So let's update then, shall we?

Looking back at this thing, I couldn't help but notice that my third-to-last post, from 2014, was this one here. Well. Here is that same child about a week or so ago at their school fun run:

Millie, now 8 years old, wearing sunglasses and covered in paint powder.

So yeah. Time has flown. She's a bit bigger now. For the record, her first words (and this was a number of years ago now...) were "Millie do self", and that has pretty much been the state of play ever since. And her brother - who also featured pretty heavily in the early years of this blog - is currently out out in our back studio, twitch streaming The Cult of the Lamb,  so things have changed a bit there, too. My partner Imogen is also doing amazing things in the world of International Law, including publishing Large And Important books and getting cited by important international bodies and winning large grants and being just generally brilliant. The four of us have muddled through the last few years of pandemic-induced awfulness relatively unscarred, all things considered. I mean, it hasn't been fun by a long shot, and we've had the usual grab bag of stresses and worries, but we have it a lot better than many people, so can't complain.

And me? Well.

I turned fifty a few months back and, I won't lie, it's been weird. It's safe to say that, so far at least, I'm not a fan, but it's early days yet so we'll see how it goes. I'm still at UC, still teaching YA and children's writing and lit studies, plus a few other things. I've been supervising PhD students, doing quite a bit in PhD research leadership, have taken on the management of a couple of decently sized research projects in the Creativity and Wellbeing space, and have generally just been flat out keeping things ticking over. On the non-work front I've become the hopeless-but-enthusiastic coach of a girls under-9 soccer team**, I occasionally surf when my back/shoulders/knees allow it, and I've gotten very into gardening.

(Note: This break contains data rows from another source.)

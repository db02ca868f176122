-- ===== src/Plan/Shell/Words.antt =====
-- The tokeniser of the quoting rules, on a rendered command.
use Prim.Native.Char.{Char, char, code}
use text.Mathlib.TextEquality.{Char-path}
use Prim.Native.String.append as clauses
use soroban_upgrades.Base.{
  ℕ, String, ◌≡◌, refl, sym, ap, ◌∙◌, inl, inr, Bool, true, false, not, ◌&&◌, ◌||◌, List, [], ◌∷◌,
  map, some, ◌==◌, arith, Bool-cases, ◌<◌, all_below, all_below_sound,
}
use soroban_upgrades.Base.Text.{◌<>◌, join, all_chars, is_empty_text}
use soroban_upgrades.Plan.Shell.Lexer.{
  Class, quote, ordinary, classify, between, bare, single, Lexed, push, close, lex, words_of,
  shell_words,
}
use soroban_upgrades.Plan.Shell.{is_plain, replace_quotes, shell_quote, render_command}

abbrev push_all : String → Lexed → Lexed
push_all String.[] r = r
push_all (String.◌∷◌ c s) r = push c (push_all s r)

abbrev is_ordinary : Class → Bool
is_ordinary ordinary = true
is_ordinary _ = false

plain-lt : (c : ℕ) → is_plain c ≡ true → c < 128
unfolding is_plain
plain-lt c h = ground arith

plain_table : all_below 128 (λ c. not (is_plain c) || is_ordinary (classify c)) ≡ true
unfolding all_below is_plain classify
plain_table = refl

ordinary_of_test : (k : Class) → is_ordinary k ≡ true → k ≡ ordinary
ordinary_of_test k h = ground arith

classify-plain : (c : ℕ) → is_plain c ≡ true → classify c ≡ ordinary
classify-plain c h =
    let test =
      all_below_sound 128 (λ c. not (is_plain c) || is_ordinary (classify c)) c plain_table
        (plain-lt c h) in
    ordinary_of_test (classify c) (ground arith)

classify-quote : (c : ℕ) → (c == b'\'') ≡ true → classify c ≡ quote
unfolding classify
classify-quote c h = ground arith

classify-ne-quote : (c : ℕ) → (c == b'\'') ≡ false → (classify c ≡ quote) → ⊥
unfolding classify
classify-ne-quote c h = ground arith

-- An unquoted run of plain characters is read literally.
lex_plain :
    (v t : String) → all_chars is_plain v ≡ true → lex bare (v <> t) ≡ push_all v (lex bare t)
unfolding lex
lex_plain String.[] t h = rw (clauses.nil t)
lex_plain (String.◌∷◌ c s) t h =
    rw (clauses.cons c s t) (ground (arith, classify-plain (code c), lex_plain s t))

-- The replacement of a quote closes the quotes, puts the quote in double quotes, and opens them.
abbrev tick : Char
tick = char b'\'' tt

abbrev double_tick : Char
double_tick = char b'"' tt

abbrev replaced_quote : String → String
replaced_quote u =
    String.◌∷◌ tick
      (String.◌∷◌ double_tick (String.◌∷◌ tick (String.◌∷◌ double_tick (String.◌∷◌ tick u))))

replaced_quote_lem : (u : String) → ("'\"'\"'" <> u) ≡ replaced_quote u
replaced_quote_lem u =
    rw clauses.cons
      (rw clauses.cons (rw clauses.cons (rw clauses.cons (rw clauses.cons (rw clauses.nil refl)))))

lex-replaced_quote : (u : String) → lex single (replaced_quote u) ≡ push tick (lex single u)
unfolding lex classify
lex-replaced_quote u = refl

quote_char : (c : Char) → (code c == b'\'') ≡ true → c ≡ tick
quote_char c h = Char-path c tick (ground arith)

lex_other :
    (c : Char) (u : String)
    → (code c == b'\'') ≡ false
    → lex single (String.◌∷◌ c u) ≡ push c (lex single u)
unfolding lex classify
lex_other c u h = ground (arith, classify-ne-quote (code c) h)

append_assoc : (s t u : String) → ((s <> t) <> u) ≡ (s <> (t <> u))
append_assoc String.[] t u = rw (clauses.nil t) (rw (clauses.nil (t <> u)) refl)
append_assoc (String.◌∷◌ c s) t u = rw (clauses.cons c s t) (
    rw (clauses.cons c (s <> t) u)
      (rw (clauses.cons c s (t <> u)) (ap (String.◌∷◌ c) (append_assoc s t u))))

closing_tick : (t : String) → ("'" <> t) ≡ String.◌∷◌ tick t
closing_tick t = rw clauses.cons (rw clauses.nil refl)

replace_quotes-empty : replace_quotes "" ≡ ""
unfolding replace_quotes
replace_quotes-empty = refl

replace_quotes-tick :
    (c : Char) (s : String)
    → (code c == b'\'') ≡ true
    → replace_quotes (String.◌∷◌ c s) ≡ replaced_quote (replace_quotes s)
unfolding replace_quotes
replace_quotes-tick c s h = ground (arith, replaced_quote_lem (replace_quotes s))

replace_quotes-other :
    (c : Char) (s : String)
    → (code c == b'\'') ≡ false
    → replace_quotes (String.◌∷◌ c s) ≡ String.◌∷◌ c (replace_quotes s)
unfolding replace_quotes
replace_quotes-other c s h = ground arith

replaced_quote-append : (s u : String) → (replaced_quote s <> u) ≡ replaced_quote (s <> u)
replaced_quote-append s u =
    rw clauses.cons (rw clauses.cons (rw clauses.cons (rw clauses.cons (rw clauses.cons refl))))

lex_closing : (t : String) → lex single (String.◌∷◌ tick t) ≡ lex bare t
unfolding lex classify
lex_closing t = refl

-- A quoted text is read literally.
lex_quoted : (v t : String) → lex single (replace_quotes v <> ("'" <> t)) ≡ push_all v (lex bare t)
lex_quoted String.[] t =
    rw (ap (λ s. lex single (s <> ("'" <> t))) replace_quotes-empty)
      (rw (clauses.nil ("'" <> t)) (rw (closing_tick t) (lex_closing t)))
lex_quoted (String.◌∷◌ c s) t = elim (Bool-cases (code c == b'\'')) [
  | inl h ↦
      let rest = replace_quotes s <> ("'" <> t) in
      ap (λ r. lex single (r <> ("'" <> t))) (replace_quotes-tick c s h)
      ∙ (ap (lex single) (replaced_quote-append (replace_quotes s) ("'" <> t))
          ∙ (lex-replaced_quote rest
              ∙ (ap (push tick) (lex_quoted s t)
                  ∙ ap (λ d. push d (push_all s (lex bare t))) (sym (quote_char c h)))))
  | inr h ↦
      let rest = replace_quotes s <> ("'" <> t) in
      ap (λ r. lex single (r <> ("'" <> t))) (replace_quotes-other c s h)
      ∙ (ap (lex single) (clauses.cons c (replace_quotes s) ("'" <> t))
          ∙ (lex_other c rest h ∙ ap (push c) (lex_quoted s t)))
]

push_all_lem : (v : String) (ws : List String) → push_all v (some ("", ws)) ≡ some (v, ws)
push_all_lem String.[] ws = refl
push_all_lem (String.◌∷◌ c s) ws = ap (push c) (push_all_lem s ws)

append_nil : (s : String) → (s <> "") ≡ s
append_nil String.[] = rw (clauses.nil "") refl
append_nil (String.◌∷◌ c s) = rw (clauses.cons c s "") (ap (String.◌∷◌ c) (append_nil s))

lex-between_plain :
    (c : Char) (u : String)
    → is_plain (code c) ≡ true
    → lex between (String.◌∷◌ c u) ≡ close (push c (lex bare u))
unfolding lex
lex-between_plain c u h = ground (arith, classify-plain (code c) h)

lex-between_tick : (u : String) → lex between (String.◌∷◌ tick u) ≡ close (lex single u)
unfolding lex classify
lex-between_tick u = refl

lex-bare_space : (u : String) → lex bare (" " <> u) ≡ lex between u
unfolding lex classify
lex-bare_space u = rw clauses.cons (rw clauses.nil refl)

lex-bare_end : lex bare "" ≡ some ("", [])
unfolding lex
lex-bare_end = refl

module _ (t : String) (ws : List String) (ends : lex bare t ≡ some ("", ws)) where
  -- A word of plain characters is that word.
  lex_plain_word :
      (v : String)
      → is_empty_text v ≡ false
      → all_chars is_plain v ≡ true
      → lex between (v <> t) ≡ some ("", v ∷ ws)
  lex_plain_word String.[] full plain = cc
  lex_plain_word (String.◌∷◌ c s) full plain =
      ap (lex between) (clauses.cons c s t)
      ∙ (lex-between_plain c (s <> t) (ground arith)
          ∙ (ap (λ r. close (push c r)) (lex_plain s t (ground arith))
              ∙ (ap (λ r. close (push c (push_all s r))) ends
                  ∙ ap (λ r. close (push c r)) (push_all_lem s ws))))

  lex_quoted_word :
      (v : String) → lex between (("'" <> (replace_quotes v <> "'")) <> t) ≡ some ("", v ∷ ws)
  lex_quoted_word v =
      ap (lex between) (
        append_assoc "'" (replace_quotes v <> "'") t
        ∙ (closing_tick ((replace_quotes v <> "'") <> t)
            ∙ ap (String.◌∷◌ tick) (append_assoc (replace_quotes v) "'" t)))
      ∙ (lex-between_tick (replace_quotes v <> ("'" <> t))
          ∙ (ap close (lex_quoted v t)
              ∙ (ap (λ r. close (push_all v r)) ends ∙ ap close (push_all_lem v ws))))

  -- A quoted argument is one word, which is the argument.
  lex-shell_quote : (v : String) → lex between (shell_quote v <> t) ≡ some ("", v ∷ ws)
  unfolding shell_quote
  lex-shell_quote v = elim (Bool-cases (not (is_empty_text v) && all_chars is_plain v)) [
    | inl h ↦ rw h (lex_plain_word v (ground arith) (ground arith))
    | inr h ↦ rw h (lex_quoted_word v)
  ]

lex_rendered :
    (v : String) (rest : List String)
    → lex between (join " " (map shell_quote (v ∷ rest))) ≡ some ("", v ∷ rest)
unfolding join
lex_rendered v [] =
    ap (lex between) (sym (append_nil (shell_quote v))) ∙ lex-shell_quote "" [] lex-bare_end v
lex_rendered v (w ∷ rest) =
    lex-shell_quote (" " <> join " " (map shell_quote (w ∷ rest))) (w ∷ rest)
      (lex-bare_space (join " " (map shell_quote (w ∷ rest))) ∙ lex_rendered w rest) v

-- For every program and all arguments, the tokeniser `shell_words` reads the rendered command as
-- exactly the program followed by the arguments.
pub shell_words-render_command :
    (program : String) (arguments : List String)
    → shell_words (render_command program arguments) ≡ some (program ∷ arguments)
unfolding render_command shell_words
shell_words-render_command program arguments = ap words_of (lex_rendered program arguments)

And I've done some writing. Three books, to be precise.

Two of them are unlikely to ever see the light of day, for various reasons which I won't bore you with. I've got hopes that someone will pick up the third, but tbh it's probably the weirdest, most commercially unfriendly thing that I've ever written, so I'm definitely not pinning all my hopes and dreams on it. But that doesn't matter because - and this was something of a revelation for me - I actually had fun writing it. Which was both unexpected, and refreshing. 

Let's not get into all that now, though. Perhaps if I build a little momentum back into this thing then we can revisit it down the track. I gather that one of the keys to success in the current internet age is something called 'content planning', so we'll call it that.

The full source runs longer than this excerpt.